When the BTree index is fully loaded into the index cache, the search time scales linearly with the number of rows that match the query. When the BTree index is not fully loaded into the index cache, the search time will be controlled by the number of pages that need to be loaded from disk and the speed of storage. The parts_loaded metric in the execution metrics can tell you how many pages were loaded from disk to satisfy a query.
Bitmap Index¶
The Bitmap index is an inverted lookup table that stores a bitmap for each possible value in the column. These bitmaps are compressed and serialized as a Roaring Bitmap.
A bitmap index is currently trained by accumulating the column into a hash map from value to a vector of row ids. Each value is then serialized into a bitmap and stored in a file.
Storage Requirements¶
The size of a bitmap index is difficult to calculate precisely but will generally scale with the number of unique values in the column since a unique bitmap is required for each value and a single bitmap with all rows will compress more efficiently than many bitmaps with a small number of rows.
Memory Requirements¶
Since training a bitmap index requires collecting the values into a hash map you will need at least 8 bytes of memory per row. In addition, if you have many unique values, then you will need additional memory for the keys of the hash map. Training large bitmaps with many unique values at scale can be memory intensive.

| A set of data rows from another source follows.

-- ===== src/Automation/Tokens/Access.antt =====
-- Whom a bearer token lets in.
use agent_send.Base.{
  Text, Bytes, [], ◌∷◌, true, false, Option, some, ◌≡◌, ◌≢◌, inl, inr, Option-cases, refl, arith,
  All, ◌==◌, Text_eq, text_eq_iff, Bool-cases,
}
use agent_send.Base.Result.{ok, err}
use agent_send.Base.Map.{Map, get, insert, remove, values, get-insert, get-remove}
use agent_send.Core.Os.{Sha256}
use agent_send.Automation.Types.{
  AgentScope, IssuedAgentToken, StoredAgentToken, AutomationError, AuthorizedAgent,
}
use agent_send.Automation.Compare.{constant_time_eq, AreBytes, constant_time_eq_iff}
use agent_send.Automation.Tokens.{
  hash, find_token, authorize, AgentTokenStore, AgentTokens, issue, revoke, make_token, add_token,
}

-- Every stored token stands under its own identifier.
unfoldable pub IsKeyed : Map StoredAgentToken → Type 0
IsKeyed m = All (λ (e : Text × StoredAgentToken). e.1.id ≡ e.0) m

-- No token of the map has this hash.
unfoldable pub IsFree : Text → Map StoredAgentToken → Type 0
IsFree h m = All (λ (e : Text × StoredAgentToken). constant_time_eq e.1.token_hash h ≡ false) m

pub IsKeyed-insert :
    (m : Map StoredAgentToken) (t : StoredAgentToken) → IsKeyed m → IsKeyed (insert m t.id t)
unfolding IsKeyed insert
IsKeyed-insert [] t h = (refl, tt)
IsKeyed-insert ((j, u) ∷ m) t h = ground (arith, h.0, h.1, IsKeyed-insert m t h.1)

-- A token that is inserted is found by its hash if no other token has that hash.
find-insert :
    (m : Map StoredAgentToken) (t : StoredAgentToken) (k h : Text)
    → IsFree h m
    → constant_time_eq t.token_hash h ≡ true
    → find_token (values (insert m k t)) h ≡ some (record { id = t.id; scope = t.scope })
unfolding IsFree insert find_token
find-insert [] t k h free same = ground arith
find-insert ((j, u) ∷ m) t k h free same = ground (arith, free.0, find-insert m t k h free.1 same)

-- No token that is left stands under the identifier.
IsGone : Text → Map StoredAgentToken → Type 0
IsGone id m = All (λ (e : Text × StoredAgentToken). e.1.id ≢ id) m

remove-IsGone : (m : Map StoredAgentToken) (id : Text) → IsKeyed m → IsGone id (remove m id)
unfolding IsKeyed IsGone remove
remove-IsGone [] id h = tt
remove-IsGone ((j, u) ∷ m) id h = elim (Bool-cases (j == id)) [
  | inl same ↦ rw same (remove-IsGone m id h.1)
  | inr other ↦ rw other ((λ e. ground (arith, h.0, text_eq_iff j id)), remove-IsGone m id h.1)
]

find-IsGone :
    (m : Map StoredAgentToken) (id h : Text) (agent : AuthorizedAgent)
    → IsGone id m
    → find_token (values m) h ≡ some agent
    → agent.id ≢ id
unfolding IsGone find_token
find-IsGone [] id h agent gone e f = ground arith
find-IsGone ((j, u) ∷ m) id h agent gone e f = elim (Bool-cases (constant_time_eq u.token_hash h)) [
  | inl same ↦ gone.0 (ground arith)
  | inr other ↦ find-IsGone m id h agent gone.1 (ground arith) f
]

module _ (store : AgentTokenStore) where
  -- What a successful `issue` leaves.
  issue-tokens :
      (sha : Sha256) (scope : AgentScope) (id_bytes token_bytes : Option Bytes)
      (a : AgentTokens store) (issued : IssuedAgentToken)
      → (issue store sha scope id_bytes token_bytes a).0 ≡ ok issued
      → (issue store sha scope id_bytes token_bytes a).1.tokens
        ≡ insert a.tokens issued.id
            (record { id = issued.id; token_hash = hash sha issued.token; scope = scope })
  unfolding issue make_token add_token
  issue-tokens sha scope id_bytes token_bytes a issued h = ground arith

  revoke-tokens :
      (id : Text) (a : AgentTokens store)
      → (revoke store id a).0 ≡ ok true
      → (revoke store id a).1.tokens ≡ remove a.tokens id
  unfolding revoke
  revoke-tokens id a h = ground arith

  revoke-restored :
      (id : Text) (a : AgentTokens store) {e : AutomationError}
      → (revoke store id a).0 ≡ err e
      → (t : StoredAgentToken) × (get a.tokens id ≡ some t)
        × ((revoke store id a).1.tokens ≡ insert (remove a.tokens id) id t)
  unfolding revoke
  revoke-restored id a h = elim (Option-cases (get a.tokens id)) [
    | inl e ↦ ground arith
    | inr (t, e) ↦ (t, e, ground arith)
  ]

  -- Revoking that fails, because the store cannot be written, leaves every token in place.
  pub revoke-rollback :
      (id k : Text) (a : AgentTokens store) (e : AutomationError)
      → (revoke store id a).0 ≡ err e
      → get (revoke store id a).1.tokens k ≡ get a.tokens k
  revoke-rollback id k a e h =
      let (t, there, after) = revoke-restored id a h in
      rw after (
        ground (
          arith,
          there,
          text_eq_iff id k,
          get-insert (remove a.tokens id) id k t,
          get-remove a.tokens id k,
        ))

  module _ (sha : Sha256) where
    -- A token that is issued lets its holder in at once, under the identifier and the scope that
    -- were issued, if its hash is a list of bytes and no stored token has the same hash.
    pub issue-authorize :
        (scope : AgentScope) (id_bytes token_bytes : Option Bytes) (a : AgentTokens store)
        (issued : IssuedAgentToken)
        → AreBytes (hash sha issued.token)
        → IsFree (hash sha issued.token) a.tokens
        → (issue store sha scope id_bytes token_bytes a).0 ≡ ok issued
        → authorize sha (issue store sha scope id_bytes token_bytes a).1.tokens issued.token
          ≡ some (record { id = issued.id; scope = scope })
    unfolding authorize
    issue-authorize scope id_bytes token_bytes a issued bytes free h =
        rw (issue-tokens sha scope id_bytes token_bytes a issued h) (
          find-insert a.tokens _ issued.id (hash sha issued.token) free
            ((constant_time_eq_iff _ _ bytes bytes).1 refl))

    -- Once a token is revoked, no bearer token lets anybody in under its identifier, if every
    -- stored token stood under its own identifier.
    pub revoke-authorize :
        (id token : Text) (a : AgentTokens store) (agent : AuthorizedAgent)
        → IsKeyed a.tokens
        → (revoke store id a).0 ≡ ok true
        → authorize sha (revoke store id a).1.tokens token ≡ some agent
        → agent.id ≢ id
    unfolding authorize
    revoke-authorize id token a agent keyed h e =
        find-IsGone (remove a.tokens id) id (hash sha token) agent (remove-IsGone a.tokens id keyed)
          (rw (revoke-tokens id a h) at e)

When a bitmap index is searched, bitmaps are loaded into the session cache individually. The size of the bitmap will depend on the number of rows that match the token.
Performance¶
When the bitmap index is fully loaded into the index cache, the search time scales linearly with the number of values that the query requires. This makes the bitmap very fast for equality queries or very small ranges. Queries against large ranges are currently extremely slow and the btree index is much faster for large range queries.
When a bitmap index is not fully loaded into the index cache, the search time will be controlled by the number of bitmaps that need to be loaded from disk and the speed of storage. The parts_loaded metric in the execution metrics can tell you how many bitmaps were loaded from disk to satisfy a query.